This does not consider mix of normal and SCHED_FLAG_RECLAIM tasks and
minor changes on top of this are need to consider that scenario. This
seems to fix all the issues that I have encountered.

The above fix doesn't work on equation:
  "dq = -(max{u_i / Umax, (Umax - Uinact - Uextra)}) * dt"

cpu still spikes to 100% with 4 tasks of (7,10). I am not sure, but I
guess it might be because we are not limiting the second term to Umax.

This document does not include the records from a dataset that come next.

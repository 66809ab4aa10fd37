-- ===== src/Parser.antt =====
-- `utils/data_parser.py`: the binary messages of the PLC and of the arms.
pub mod Arm
pub mod Frames
pub mod Changes
pub mod Counts
pub mod Printed
pub mod Registry
use model_lib.Prelude.{
  ℕ, ◌≡◌, Bool, true, false, ◌&&◌, List, [], ◌∷◌, Option, none, some, leb, ◌==◌, if◌then◌else◌,
  length,
}
use model_lib.Dict
use model_lib.Text.{Bytes, from_be16, ends_with}
use model_lib.Queue.History.{Outcome, returned, value_error}

-- The setting `enqueue_field_order`; `other_order` stands for every other text.
pub data FieldOrder : Type 0 where
  command_count_pointer command_pointer_count other_order : FieldOrder

pub record ParsedPlcEnqueueData : Type 0 where
  pub command : ℕ
  pub sensor_count : ℕ
  pub enqueue_pointer : ℕ
  pub additional_data : Bytes

-- The fields two and three by the configured order.
unfoldable pub order_fields : FieldOrder → ℕ → ℕ → ℕ → Bytes → Outcome ParsedPlcEnqueueData
order_fields command_count_pointer c f g rest =
    returned (record { command = c; sensor_count = f; enqueue_pointer = g; additional_data = rest })
order_fields command_pointer_count c f g rest =
    returned (record { command = c; sensor_count = g; enqueue_pointer = f; additional_data = rest })
order_fields other_order c f g rest = value_error

unfoldable pub parse_plc_enqueue_data : FieldOrder → Bytes → Outcome ParsedPlcEnqueueData
unfolding order_fields
parse_plc_enqueue_data order (a ∷ b ∷ c ∷ d ∷ e ∷ f ∷ rest) =
    order_fields order (from_be16 a b) (from_be16 c d) (from_be16 e f) rest
parse_plc_enqueue_data order _ = value_error

-- The dictionary `arm_pointers`.
unfoldable pub parse_plc_dequeue_data : Bytes → Outcome (Dict.Dict ℕ)
parse_plc_dequeue_data (a ∷ b ∷ c ∷ d ∷ []) =
    returned ((1, from_be16 a b) ∷ (2, from_be16 c d) ∷ [])
parse_plc_dequeue_data _ = value_error

-- The loop of `detect_pointer_changes`, with the changes so far.
unfoldable pub changes_from : Dict.Dict ℕ → Dict.Dict ℕ → Dict.Dict ℕ → Dict.Dict ℕ
unfolding Dict.get Dict.put
changes_from last [] changes = changes
changes_from last ((arm_id, pointer) ∷ rest) changes =
    changes_from last rest
      (if pointer == Dict.get_or arm_id 0 last then changes else Dict.put arm_id pointer changes)

unfoldable pub detect_pointer_changes : Dict.Dict ℕ → Option (Dict.Dict ℕ) → Dict.Dict ℕ
unfolding changes_from
detect_pointer_changes current none = current
detect_pointer_changes current (some last) = changes_from last current []

-- The argument `data_type`; `other_type` stands for every other text.
pub data DataType : Type 0 where
  arm plc_enqueue plc_dequeue other_type : DataType

unfoldable pub validate_data_format : Bytes → DataType → Bool
unfolding ends_with
validate_data_format data_bytes arm = leb 7 (length data_bytes) && ends_with b'E' data_bytes
validate_data_format data_bytes plc_enqueue = leb 6 (length data_bytes)
validate_data_format data_bytes plc_dequeue = length data_bytes == 4
validate_data_format data_bytes other_type = false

Please let me know your thoughts on this.

Thanks again,
Vineeth

Re: [PATCH v3 2/5] sched/deadline: Fix reclaim inaccuracy with SMP

Posted by luca abeni 2 years, 8 months ago

Hi again,

On Fri, 19 May 2023 12:12:50 -0400
Vineeth Remanan Pillai <vineeth@bitbyteword.org> wrote:
[...]
> - cpu util may go to 100% when we have tasks with large bandwidth
> close to Umax
> 
> As an eg. for issue 1, three tasks - (7,10) (3,10) and (1,10):
> TID[590]: RECLAIM=1, (r=7ms, d=10ms, p=10ms), Util: 95.20
> TID[591]: RECLAIM=1, (r=3ms, d=10ms, p=10ms), Util: 81.94
> TID[592]: RECLAIM=1, (r=1ms, d=10ms, p=10ms), Util: 27.19
> 
> re. issue 2, four tasks with same reservation (7,10), tasks tries
> to reclaim leading to 100% cpu usage on all three cpus and leads to
> system hang.

I just tried to repeat this test on a VM with 3 CPUs, and I can
reproduce the stall (100% of CPU time reclaimed by SCHED_DEADLINE
tasks, with no possibility for the other tasks to execute) when I use
	dq = -(max{u_i / Umax, (Umax - Uinact - Uextra)}) * dt

But when I use
	dq = -(max{u_i, (Umax - Uinact - Uextra)} / Umax) * dt
everything works as expected, the 4 tasks reclaim 95% of the CPU
time and my shell is still active...
(so, I cannot reproduce the starvation issue with this equation)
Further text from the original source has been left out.